▸ **What is needed**
Say how many lines in the entries below mention "version", with no other words.

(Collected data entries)
○ ○ ○

-- ===== src/MexcBudget.antt =====
-- The shared admission of MEXC HTTP requests:
-- apps/market-core/src/prep_watchdeck_market/mexc_budget.py.
-- The SQLite file is the record `Database`; one `BEGIN IMMEDIATE` transaction is one call of
-- `transaction`, so the processes that share the file interleave whole transactions.
mod Order
pub mod Limits
pub mod Acquire
pub mod Retry
pub mod Window
pub mod Cooldown
mod Tests
use prep_watchdeck.Prelude.{
  ℕ, zero, suc, ◌+◌, ◌-◌, max, ◌&&◌, Bool, true, false, Option, none, some, List, [], ◌∷◌, ◌++◌,
  length, get_elem?, filter, not, leb, ltb, ◌==◌, if◌then◌else◌, Result, ok, err,
}

pub data BudgetLane : Type 0 where
  funding foreground recovery : BudgetLane

abbrev pub lane_limit : BudgetLane → ℕ
lane_limit funding = 4
lane_limit foreground = 2
lane_limit recovery = 2

abbrev pub lane_eq : BudgetLane → BudgetLane → Bool
lane_eq funding funding = true
lane_eq foreground foreground = true
lane_eq recovery recovery = true
lane_eq _ _ = false

abbrev pub window_ms : ℕ
window_ms = 2000

abbrev pub application_id : ℕ
application_id = 1296390211

pub data BudgetError : Type 0 where
  -- `MexcBudgetUnavailable`
  unavailable : BudgetError
  -- the `TypeError` of unpacking a missing row
  malformed : BudgetError

-- a row of `mexc_budget_attempts`
pub record Attempt : Type 0 where
  pub at_ms : ℕ
  pub lane : BudgetLane

-- the row of `mexc_budget_meta`
pub record Meta : Type 0 where
  pub version : ℕ
  pub cooldown_until_ms : ℕ
  pub last_clock_ms : ℕ

pub record Database : Type 0 where
  pub application : ℕ
  -- whether `sqlite_master` lists a table
  pub has_tables : Bool
  pub meta : Option Meta
  pub attempts : List Attempt

abbrev pub fresh_meta : Meta
fresh_meta = record { version = 1; cooldown_until_ms = 0; last_clock_ms = 0 }

-- PRAGMA application_id, CREATE TABLE and the first row
abbrev pub create_tables : Database → Database
create_tables db = record {
  application = application_id;
  has_tables = true;
  meta = some fresh_meta;
  attempts = [];
}

open_admission : Database → Result BudgetError Database
open_admission db =
    if db.application == 0
    then (if db.has_tables then err unavailable else ok (create_tables db))
    else if db.application == application_id
    then ok db
    else err unavailable

-- ORDER BY at_ms
pub insert_by_time : Attempt → List Attempt → List Attempt
insert_by_time a [] = a ∷ []
insert_by_time a (b ∷ rows) =
    let rest = insert_by_time a rows in if ltb b.at_ms a.at_ms then b ∷ rest else a ∷ b ∷ rows

pub order_by_time : List Attempt → List Attempt
order_by_time [] = []
order_by_time (a ∷ rows) = insert_by_time a (order_by_time rows)

-- what `DELETE … WHERE at_ms <= now - WINDOW_MS` leaves; the difference may be negative there, so
-- the comparison is written as a sum
abbrev pub is_recent : ℕ → Attempt → Bool
is_recent now a = ltb now (a.at_ms + window_ms)

abbrev pub in_lane : BudgetLane → Attempt → Bool
in_lane lane a = lane_eq a.lane lane

-- `max(0, rows[-limit][0] + WINDOW_MS - now)` once the rows reach the limit, else 0: `-` stops at
-- 0, as `max(0, *waits)` does
pub capacity_wait : ℕ → ℕ → List Attempt → ℕ
capacity_wait now limit rows =
    if leb limit (length rows)
    then (elim (get_elem? rows (length rows - limit)) [
      | none ↦ 0
      | some a ↦ a.at_ms + window_ms - now
    ])
    else 0

pub admission_delay : ℕ → BudgetLane → Meta → List Attempt → ℕ
admission_delay now lane meta rows = max (meta.cooldown_until_ms - now) (
    max (capacity_wait now 8 rows)
      (capacity_wait now (lane_limit lane) (filter (in_lane lane) rows)))

-- the part of the transaction after the clock check, for an admission
pub admit : BudgetLane → ℕ → Meta → Database → ℕ × Database
admit lane now meta db =
    let kept = filter (is_recent now) db.attempts in
    let delay = admission_delay now lane meta (order_by_time kept) in
    let db' = record db { meta = some (record meta { last_clock_ms = now }); attempts = kept } in
    if delay == 0
    then (0, record db' { attempts = kept ++ record { at_ms = now; lane = lane } ∷ [] })
    else (delay, db')

-- the part of the transaction after the clock check, for a cooldown
pub extend_cooldown : ℕ → ℕ → Meta → Database → ℕ × Database
extend_cooldown cooldown_ms now meta db = (
  0,
  record db {
    meta = some (record meta {
      last_clock_ms = now;
      cooldown_until_ms = max meta.cooldown_until_ms (now + cooldown_ms);
    });
  },
)

pub after_clock : Option BudgetLane → ℕ → ℕ → Meta → Database → ℕ × Database
unfolding extend_cooldown admit
after_clock none cooldown_ms now meta db = extend_cooldown cooldown_ms now meta db
after_clock (some lane) cooldown_ms now meta db = admit lane now meta db

pub check_meta :
    Option BudgetLane → ℕ → ℕ → Option Meta → Database → Result BudgetError (ℕ × Database)
unfolding after_clock
check_meta lane cooldown_ms now none db = err malformed
check_meta lane cooldown_ms now (some meta) db =
    if not (meta.version == 1)
    then err unavailable
    else if ltb now meta.last_clock_ms
    then err unavailable
    else ok (after_clock lane cooldown_ms now meta db)

-- a raise inside the transaction ends in ROLLBACK
abbrev pub settle : Database → Result BudgetError (ℕ × Database) → Result BudgetError ℕ × Database
settle db (ok (delay, db')) = (ok delay, db')
settle db (err e) = (err e, db)

-- `_transaction(lane, cooldown_ms)` with the clock reading that it makes, in milliseconds
unfoldable pub transaction : Option BudgetLane → ℕ → ℕ → Database → Result BudgetError ℕ × Database
unfolding open_admission check_meta
transaction lane cooldown_ms now db = settle db (elim (open_admission db) [
  | err e ↦ err e
  | ok db' ↦ check_meta lane cooldown_ms now db'.meta db'
])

○ ○ ○

▸ **Response**
3